For tokenization, we use a 110k shared WordPiece vocabulary. The word counts are weighted the same way as the data, so low-resource languages are upweighted by some factor. We intentionally do not use any marker to denote the input language (so that zero-shot training can work).

But after finetuning the BERT-multilingual-uncased for one language dataset, it absolutely doesn't work for the texts in another languages. Predictions turn out to be inadequate: I tried multiple pairs (text, the same text translated to another language) and probability distributions over labels (after apply softmax) were wildly different.

Then I also tried it with bert-multilingual-cased, but the results are still bad. A number of very simple (text, translated text) give very different probability distributions (the translated versions almost always fall into one major category).

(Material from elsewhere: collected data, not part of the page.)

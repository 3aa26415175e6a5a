-- ===== src/Stealth/Scan/Logs.antt =====
-- `scanStealthPaymentsFromLogs` of sdk/src/stealth/scan.ts: the announcements in the logs of the
-- transactions of an address. The base58 text of a key is a parameter.
pub mod Matched
use kirite.Prelude.{
  ◌^◌, ℕ, zero, suc, Bool, true, false, ◌&&◌, ◌||◌, ℤ, pos, negsuc, List, [], ◌∷◌, ◌++◌, Option,
  none, some, Result, ok, err, Error, ◌>>=◌, leb, ◌==◌, if◌then◌else◌, codes,
}
use kirite.Bytes.{Bytes}
use kirite.Decimal.{Number, nan, infinity, minus_infinity, integer, is_digit, parse_int}
use kirite.Events.{Line, strip_prefix}
use kirite.Stealth.{Keys, check_view_tag, derive_stealth_spending_key}
use kirite.Stealth.MetaAddress.{of_hex_text}
use kirite.Stealth.Scan.{ScanNetwork, StealthPayment, get_stealth_address_balance}

-- `[a-f0-9]` and `[a-zA-Z0-9]`
abbrev pub is_hex : ℕ → Bool
is_hex c = (leb 97 c && leb c 102) || is_digit c

abbrev pub is_alphanumeric : ℕ → Bool
is_alphanumeric c = (leb 97 c && leb c 122) || ((leb 65 c && leb c 90) || is_digit c)

-- The longest start of a text of characters of a class, and what follows it.
pub span : (ℕ → Bool) → Line → Line × Line
span class [] = ([], [])
span class (c ∷ cs) =
    let rest = span class cs in if class c then (c ∷ rest.0, rest.1) else ([], c ∷ cs)

-- `(class+)` and the text that follows it, which starts with no character of the class.
pub behind_group : Line → Line × Line → Option (Line × Line)
unfolding strip_prefix
behind_group behind ([], rest) = none
behind_group behind (c ∷ cs, rest) = elim (strip_prefix behind rest) [
  | none ↦ none
  | some rest' ↦ some (c ∷ cs, rest')
]

pub group : (ℕ → Bool) → Line → Line → Option (Line × Line)
unfolding span
group class behind text = behind_group behind (span class text)

-- The three groups of an expression of four texts and, between them, characters of the classes, of a
-- match at the start of a text.
pub match_parts : Line → Line → Line → Line → Line → Option (Line × Line × Line)
unfolding group strip_prefix
match_parts before_ephemeral before_address before_tag closing text =
    elim (strip_prefix before_ephemeral text) [
      | none ↦ none
      | some rest ↦ elim (group is_hex before_address rest) [
        | none ↦ none
        | some (ephemeral, rest') ↦ elim (group is_alphanumeric before_tag rest') [
          | none ↦ none
          | some (address, rest'') ↦ elim (group is_digit closing rest'') [
            | none ↦ none
            | some (tag, end) ↦ some (ephemeral, address, tag)
          ]
        ]
      ]
    ]

pub match_here : Line → Option (Line × Line × Line)
unfolding match_parts
match_here text =
    match_parts (codes "Program log: StealthAnnouncement{ephemeral:") (codes ",address:")
      (codes ",tag:") (codes "}") text

-- `log.match(...)`, the first match in the text.
pub match_announcement : Line → Option (Line × Line × Line)
unfolding match_here
match_announcement [] = none
match_announcement (c ∷ cs) = elim (match_here (c ∷ cs)) [
  | none ↦ match_announcement cs
  | some found ↦ some found
]

-- A transaction with its logs, where it has any, and its time.
pub record LoggedTransaction : Type 0 where
  pub log_messages : Option (List Line)
  pub block_time : Option ℤ

-- A signature of an address with its slot, and what `getTransaction` gives of it.
pub record SignatureEntry : Type 0 where
  pub signature : Line
  pub slot : ℤ
  pub transaction : Result (Option LoggedTransaction)

-- `parseInt` of digits gives no number below 0. No byte is Infinity, and none is the number that stands
-- for it here.
abbrev pub tag_of : Number → Result ℕ
tag_of (integer (pos n)) = ok n
tag_of (integer (negsuc n)) = err Error.type_error
tag_of nan = err Error.type_error
tag_of infinity = ok (2 ^ 1024)
tag_of minus_infinity = err Error.type_error

-- `tx.blockTime || 0`
abbrev pub time_or_zero : Option ℤ → ℤ
time_or_zero none = pos 0
time_or_zero (some t) = t

module _ (keys : Keys) where
  open keys use {web3, public_key}
  open web3 use {PublicKey, equals}

  module _ (net : ScanNetwork PublicKey) (key_of_text : Line → Result PublicKey)
      (viewing_key spending_key : Bytes) where
    -- The body of the loop behind the match.
    pub announced_payment :
        SignatureEntry → ℤ → Line × Line × Line → Result (Option (StealthPayment PublicKey))
    unfolding parse_int get_stealth_address_balance
    announced_payment entry time (ephemeral, address, tag) = do
      let ephemeral_pubkey = of_hex_text ephemeral
      stealth_address ← key_of_text address
      view_tag ← tag_of (parse_int tag)
      matches ← check_view_tag keys ephemeral_pubkey view_tag viewing_key
      elim matches [
        | false ↦ ok none
        | true ↦
            derive_stealth_spending_key keys ephemeral_pubkey viewing_key spending_key
            >>= λ stealth_keypair. elim (equals (public_key stealth_keypair) stealth_address) [
              | false ↦ ok none
              | true ↦ get_stealth_address_balance keys net stealth_address >>= λ balance. ok (
                  some (record {
                    address = stealth_address;
                    ephemeral_pubkey = ephemeral_pubkey;
                    amount = balance.0;
                    mint = some balance.1;
                    timestamp = time;
                    slot = entry.slot;
                    tx_signature = entry.signature;
                  }))
            ]
      ]

    pub log_payment : SignatureEntry → ℤ → Line → Result (Option (StealthPayment PublicKey))
    unfolding announced_payment match_announcement
    log_payment entry time log = elim (match_announcement log) [
      | none ↦ ok none
      | some found ↦ announced_payment entry time found
    ]

    -- The loop over the logs of a transaction; an exception ends it, and what it has pushed stays.
    pub logs_payments : SignatureEntry → ℤ → List Line → List (StealthPayment PublicKey)
    unfolding log_payment
    logs_payments entry time [] = []
    logs_payments entry time (log ∷ rest) =
        let later = logs_payments entry time rest in
        elim (log_payment entry time log) [
          | err e ↦ []
          | ok none ↦ later
          | ok (some payment) ↦ payment ∷ later
        ]

    pub entry_payments : SignatureEntry → List (StealthPayment PublicKey)
    unfolding logs_payments
    entry_payments entry = elim entry.transaction [
      | err e ↦ []
      | ok none ↦ []
      | ok (some tx) ↦ elim tx.log_messages [
        | none ↦ []
        | some logs ↦ logs_payments entry (time_or_zero tx.block_time) logs
      ]
    ]

    -- The loop over the signatures.
    pub entries_payments : List SignatureEntry → List (StealthPayment PublicKey)
    unfolding entry_payments
    entries_payments [] = []
    entries_payments (entry ∷ rest) = entry_payments entry ++ entries_payments rest

    pub scan_stealth_payments_from_logs :
        Result (List SignatureEntry) → Result (List (StealthPayment PublicKey))
    unfolding entries_payments
    scan_stealth_payments_from_logs signatures = do
      entries ← signatures
      ok (entries_payments entries)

Specifiically, I fine-tune pre-trained bert-multilingual-cased on Russian text classification problem and then make a prediction using the model on an English text (tried German, Spanish and Italian as well -- nothing works).

Do you know what can be the cause of the problem? Should I somehow change the tokenization when applying the model to other languages (BPE embeddings are shared, so not sure about this one)?

Met the same problem. My wechat id is cherryuuuu3 and maybe we can discuss about it.

wanicca commented 5 years ago

I wonder if bert multilingual representations can perform like other multilingual embeddings by aligning monolingual embeddings (like MUSE )? That is to say, do the synonyms in a parallel sentence in different languages have analogous vector representations? Is bert multilingual model cross-lingual, or just a multilingual model that can receive different languages as input? I read the Multilingual README, and didn't find any clue about cross-lingual setting.